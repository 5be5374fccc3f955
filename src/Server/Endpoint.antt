-- ===== src/Server/Endpoint.antt =====
-- pkg/server/server.go: `TorrxferServer` as the `ITorrxferServer` behind the calls of gRPC.
pub mod Guarantees
pub mod Settled
pub mod Placed
pub mod Opening
pub mod Upload
pub mod NewFile
pub mod FirstReply
pub mod Again
pub mod Resumed
use torrxfer.Base.{ℕ}
use torrxfer.Text.{Bytes}
use torrxfer.Platform.{Platform}
use torrxfer.Database.{Database}
use torrxfer.Net.Handler.{TorrxferServer}
use torrxfer.Server.State.{Server, transfer_function, close_client, register_for_write_notification}
use torrxfer.Server.Query.{query_function}

module _ (w : Platform) (d : Database) where
  open w use {Time}

  -- A query reads the clock twice, and a new writer thread may be ahead by some steps.
  unfoldable pub endpoint : TorrxferServer (Time × Time × ℕ) (Server w d)
  endpoint = record {
    query_function = λ (created, modified, head_start) s client file.
        query_function w d s client file created modified head_start;
    transfer_function = λ s client b size offset. transfer_function w d s client b offset;
    register_for_write_notification = register_for_write_notification w d;
    close = close_client w d;
  }
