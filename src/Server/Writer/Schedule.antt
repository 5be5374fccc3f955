-- ===== src/Server/Writer/Schedule.antt =====
-- The writer thread and the handler that feeds it, interleaved in any order.
use torrxfer.Base.{◌≡◌, refl, arith, ℕ, List, [], ◌∷◌, Option, none, some}
use torrxfer.Text.{Bytes}
use torrxfer.Platform.{Platform}
use torrxfer.Database.{Database}
use torrxfer.Server.Writer.{Machine, Writer, writer_step, transfer_to, close_pipe}

-- The handler calls `TransferFunction` with a block and an offset, or closes the pipe; or the
-- thread takes a step, at some time of day.
pub data Event (T : Type 0) : Type 0 where
  transfer : Bytes → ℕ → Event T
  close : Event T
  tick : T → Event T

module _ (w : Platform) (d : Database) where
  open w use {Time}

  -- While a `Write` waits the handler is stuck in it, and does nothing else.
  abbrev when_free : Machine w d → Option Bytes → Writer Time → Machine w d
  when_free m none x = record m { writer = x }
  when_free m (some _) x = m

  unfoldable pub handle : Machine w d → Event Time → Machine w d
  handle m (transfer b offset) = when_free m m.writer.pending (transfer_to m.writer b offset)
  handle m close = when_free m m.writer.pending (close_pipe m.writer)
  handle m (tick now) = writer_step w d m now

  unfoldable pub run : Machine w d → List (Event Time) → Machine w d
  unfolding handle
  run m [] = m
  run m (e ∷ es) = run (handle m e) es

  when_free_lem :
      (m : Machine w d) (p : Option Bytes) (x : Writer Time)
      → p ≡ none
      → when_free m p x ≡ record m { writer = x }
  when_free_lem m none x e = refl
  when_free_lem m (some b) x e = absurd (ground arith)

  -- The handler is not stuck in a `Write`.
  pub handle-transfer :
      (m : Machine w d) (b : Bytes) (o : ℕ)
      → m.writer.pending ≡ none
      → handle m (transfer b o) ≡ record m { writer = transfer_to m.writer b o }
  unfolding handle
  handle-transfer m b o e = when_free_lem m m.writer.pending (transfer_to m.writer b o) e

  pub handle-close :
      (m : Machine w d)
      → m.writer.pending ≡ none
      → handle m close ≡ record m { writer = close_pipe m.writer }
  unfolding handle
  handle-close m e = when_free_lem m m.writer.pending (close_pipe m.writer) e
● ● ● ● ●
Where in the entries above does the word "Bytes" appear? Copy each line that has it.

use torrxfer.Text.{Bytes}
use torrxfer.Text.{Bytes}
  transfer : Bytes → ℕ → Event T
  abbrev when_free : Machine w d → Option Bytes → Writer Time → Machine w d
      (m : Machine w d) (p : Option Bytes) (x : Writer Time)
      (m : Machine w d) (b : Bytes) (o : ℕ)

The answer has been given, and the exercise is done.